▶ _The task_: Starting at the line with "cleanup-Keeps_rel laws (some" and going on through the line with "(cleanup_attempt-keeps_rel ref) (s, none)", reproduce each line in the records below exactly and nothing more.

▶ _Records for processing_:
---------------
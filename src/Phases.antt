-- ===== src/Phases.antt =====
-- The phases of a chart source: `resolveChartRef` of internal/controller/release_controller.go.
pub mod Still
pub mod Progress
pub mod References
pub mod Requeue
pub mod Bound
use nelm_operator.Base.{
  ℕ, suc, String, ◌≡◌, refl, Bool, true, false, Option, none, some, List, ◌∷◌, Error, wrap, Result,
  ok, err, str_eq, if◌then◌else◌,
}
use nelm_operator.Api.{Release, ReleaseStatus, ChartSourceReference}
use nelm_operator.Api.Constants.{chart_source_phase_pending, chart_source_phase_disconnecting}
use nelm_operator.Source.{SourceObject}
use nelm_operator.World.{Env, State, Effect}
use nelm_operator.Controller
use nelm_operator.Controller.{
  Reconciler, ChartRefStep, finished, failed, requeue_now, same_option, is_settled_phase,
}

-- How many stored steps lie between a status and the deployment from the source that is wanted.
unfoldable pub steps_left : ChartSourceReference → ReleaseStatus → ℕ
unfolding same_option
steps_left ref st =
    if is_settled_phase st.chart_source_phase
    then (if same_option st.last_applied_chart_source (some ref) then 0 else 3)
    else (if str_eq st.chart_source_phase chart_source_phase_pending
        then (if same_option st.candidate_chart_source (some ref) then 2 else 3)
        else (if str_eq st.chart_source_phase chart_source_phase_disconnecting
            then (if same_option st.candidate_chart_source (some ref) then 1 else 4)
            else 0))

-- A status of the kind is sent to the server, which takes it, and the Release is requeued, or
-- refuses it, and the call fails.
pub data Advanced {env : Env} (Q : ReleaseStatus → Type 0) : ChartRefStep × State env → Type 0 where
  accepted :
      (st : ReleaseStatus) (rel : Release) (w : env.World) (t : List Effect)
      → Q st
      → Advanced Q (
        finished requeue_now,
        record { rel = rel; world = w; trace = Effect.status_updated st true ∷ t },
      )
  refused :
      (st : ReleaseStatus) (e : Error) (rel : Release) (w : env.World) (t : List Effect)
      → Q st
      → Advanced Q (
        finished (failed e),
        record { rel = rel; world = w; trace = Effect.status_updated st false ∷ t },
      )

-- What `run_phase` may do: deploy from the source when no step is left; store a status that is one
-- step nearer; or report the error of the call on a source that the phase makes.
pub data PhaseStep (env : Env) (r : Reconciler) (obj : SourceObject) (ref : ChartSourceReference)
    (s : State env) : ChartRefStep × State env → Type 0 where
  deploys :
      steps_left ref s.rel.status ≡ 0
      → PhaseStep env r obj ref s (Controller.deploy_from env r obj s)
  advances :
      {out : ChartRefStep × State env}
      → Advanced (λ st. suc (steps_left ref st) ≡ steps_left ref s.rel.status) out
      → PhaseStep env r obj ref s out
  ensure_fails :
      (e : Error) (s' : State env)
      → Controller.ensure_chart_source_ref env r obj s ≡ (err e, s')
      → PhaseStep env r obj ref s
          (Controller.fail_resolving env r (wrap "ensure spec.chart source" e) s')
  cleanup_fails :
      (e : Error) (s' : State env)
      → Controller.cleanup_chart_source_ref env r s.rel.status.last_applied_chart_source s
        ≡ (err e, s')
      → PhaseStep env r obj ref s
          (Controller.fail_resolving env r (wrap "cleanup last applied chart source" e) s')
---------------
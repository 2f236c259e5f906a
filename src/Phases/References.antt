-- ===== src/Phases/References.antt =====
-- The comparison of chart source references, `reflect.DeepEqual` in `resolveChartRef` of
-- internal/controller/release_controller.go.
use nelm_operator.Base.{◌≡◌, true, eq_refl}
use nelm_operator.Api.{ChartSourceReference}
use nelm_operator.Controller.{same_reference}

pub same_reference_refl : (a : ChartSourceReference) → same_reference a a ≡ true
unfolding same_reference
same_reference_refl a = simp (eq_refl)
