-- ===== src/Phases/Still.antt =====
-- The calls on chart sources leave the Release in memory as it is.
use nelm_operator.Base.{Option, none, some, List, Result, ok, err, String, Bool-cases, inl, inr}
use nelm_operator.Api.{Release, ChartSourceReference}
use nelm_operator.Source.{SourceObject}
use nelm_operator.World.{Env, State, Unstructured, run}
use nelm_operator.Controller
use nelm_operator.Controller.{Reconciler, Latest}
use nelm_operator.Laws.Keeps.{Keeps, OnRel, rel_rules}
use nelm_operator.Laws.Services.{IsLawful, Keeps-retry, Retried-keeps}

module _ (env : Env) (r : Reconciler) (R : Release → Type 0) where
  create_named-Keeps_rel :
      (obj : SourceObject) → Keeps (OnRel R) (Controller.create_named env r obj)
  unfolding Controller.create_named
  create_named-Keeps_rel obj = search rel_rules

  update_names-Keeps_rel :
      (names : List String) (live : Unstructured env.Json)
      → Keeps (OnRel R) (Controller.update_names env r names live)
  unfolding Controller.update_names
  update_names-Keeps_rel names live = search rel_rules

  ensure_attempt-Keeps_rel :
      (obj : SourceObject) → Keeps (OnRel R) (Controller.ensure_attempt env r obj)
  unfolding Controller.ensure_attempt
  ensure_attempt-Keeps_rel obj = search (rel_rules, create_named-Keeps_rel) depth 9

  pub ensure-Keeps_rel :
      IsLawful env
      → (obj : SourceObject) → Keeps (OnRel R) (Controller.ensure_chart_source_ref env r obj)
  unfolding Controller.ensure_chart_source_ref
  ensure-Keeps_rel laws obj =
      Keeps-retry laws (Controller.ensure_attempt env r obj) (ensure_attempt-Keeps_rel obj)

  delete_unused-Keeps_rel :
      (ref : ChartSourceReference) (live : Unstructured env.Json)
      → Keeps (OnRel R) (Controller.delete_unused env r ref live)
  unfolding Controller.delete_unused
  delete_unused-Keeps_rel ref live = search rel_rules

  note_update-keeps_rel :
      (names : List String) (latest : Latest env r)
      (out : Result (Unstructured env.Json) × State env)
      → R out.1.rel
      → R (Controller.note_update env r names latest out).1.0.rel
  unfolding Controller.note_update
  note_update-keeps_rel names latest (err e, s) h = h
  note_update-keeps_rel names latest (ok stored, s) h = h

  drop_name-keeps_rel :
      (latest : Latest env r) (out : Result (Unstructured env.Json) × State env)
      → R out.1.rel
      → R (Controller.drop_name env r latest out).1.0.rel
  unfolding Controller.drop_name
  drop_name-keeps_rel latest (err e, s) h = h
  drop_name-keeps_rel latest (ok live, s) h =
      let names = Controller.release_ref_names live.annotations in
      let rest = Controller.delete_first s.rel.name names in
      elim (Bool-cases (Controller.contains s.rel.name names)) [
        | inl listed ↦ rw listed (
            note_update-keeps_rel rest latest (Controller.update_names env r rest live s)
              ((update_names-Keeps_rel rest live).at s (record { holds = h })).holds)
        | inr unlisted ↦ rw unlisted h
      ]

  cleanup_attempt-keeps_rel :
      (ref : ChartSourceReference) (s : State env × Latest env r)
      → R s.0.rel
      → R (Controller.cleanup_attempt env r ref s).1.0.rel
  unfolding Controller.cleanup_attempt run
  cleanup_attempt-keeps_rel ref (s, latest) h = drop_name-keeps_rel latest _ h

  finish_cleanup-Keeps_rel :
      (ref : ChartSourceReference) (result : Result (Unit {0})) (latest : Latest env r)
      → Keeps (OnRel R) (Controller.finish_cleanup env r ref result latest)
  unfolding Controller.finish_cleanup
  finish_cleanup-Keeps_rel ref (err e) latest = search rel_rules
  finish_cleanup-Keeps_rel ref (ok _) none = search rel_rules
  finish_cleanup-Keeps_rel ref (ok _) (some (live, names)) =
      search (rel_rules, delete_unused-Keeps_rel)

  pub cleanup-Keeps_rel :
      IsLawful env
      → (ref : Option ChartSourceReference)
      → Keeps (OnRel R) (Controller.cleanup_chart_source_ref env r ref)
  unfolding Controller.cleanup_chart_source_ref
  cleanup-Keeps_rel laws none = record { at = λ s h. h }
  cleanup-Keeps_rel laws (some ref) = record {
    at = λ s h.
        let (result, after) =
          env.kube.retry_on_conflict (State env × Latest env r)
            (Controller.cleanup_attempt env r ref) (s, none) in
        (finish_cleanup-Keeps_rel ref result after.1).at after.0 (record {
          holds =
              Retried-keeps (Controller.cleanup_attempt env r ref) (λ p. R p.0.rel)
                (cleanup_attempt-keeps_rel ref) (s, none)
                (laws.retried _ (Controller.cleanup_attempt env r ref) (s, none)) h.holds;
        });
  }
---------------
▶ _Task solution_:
  cleanup-Keeps_rel laws (some ref) = record {
    at = λ s h.
        let (result, after) =
          env.kube.retry_on_conflict (State env × Latest env r)
            (Controller.cleanup_attempt env r ref) (s, none) in
        (finish_cleanup-Keeps_rel ref result after.1).at after.0 (record {
          holds =
              Retried-keeps (Controller.cleanup_attempt env r ref) (λ p. R p.0.rel)
                (cleanup_attempt-keeps_rel ref) (s, none)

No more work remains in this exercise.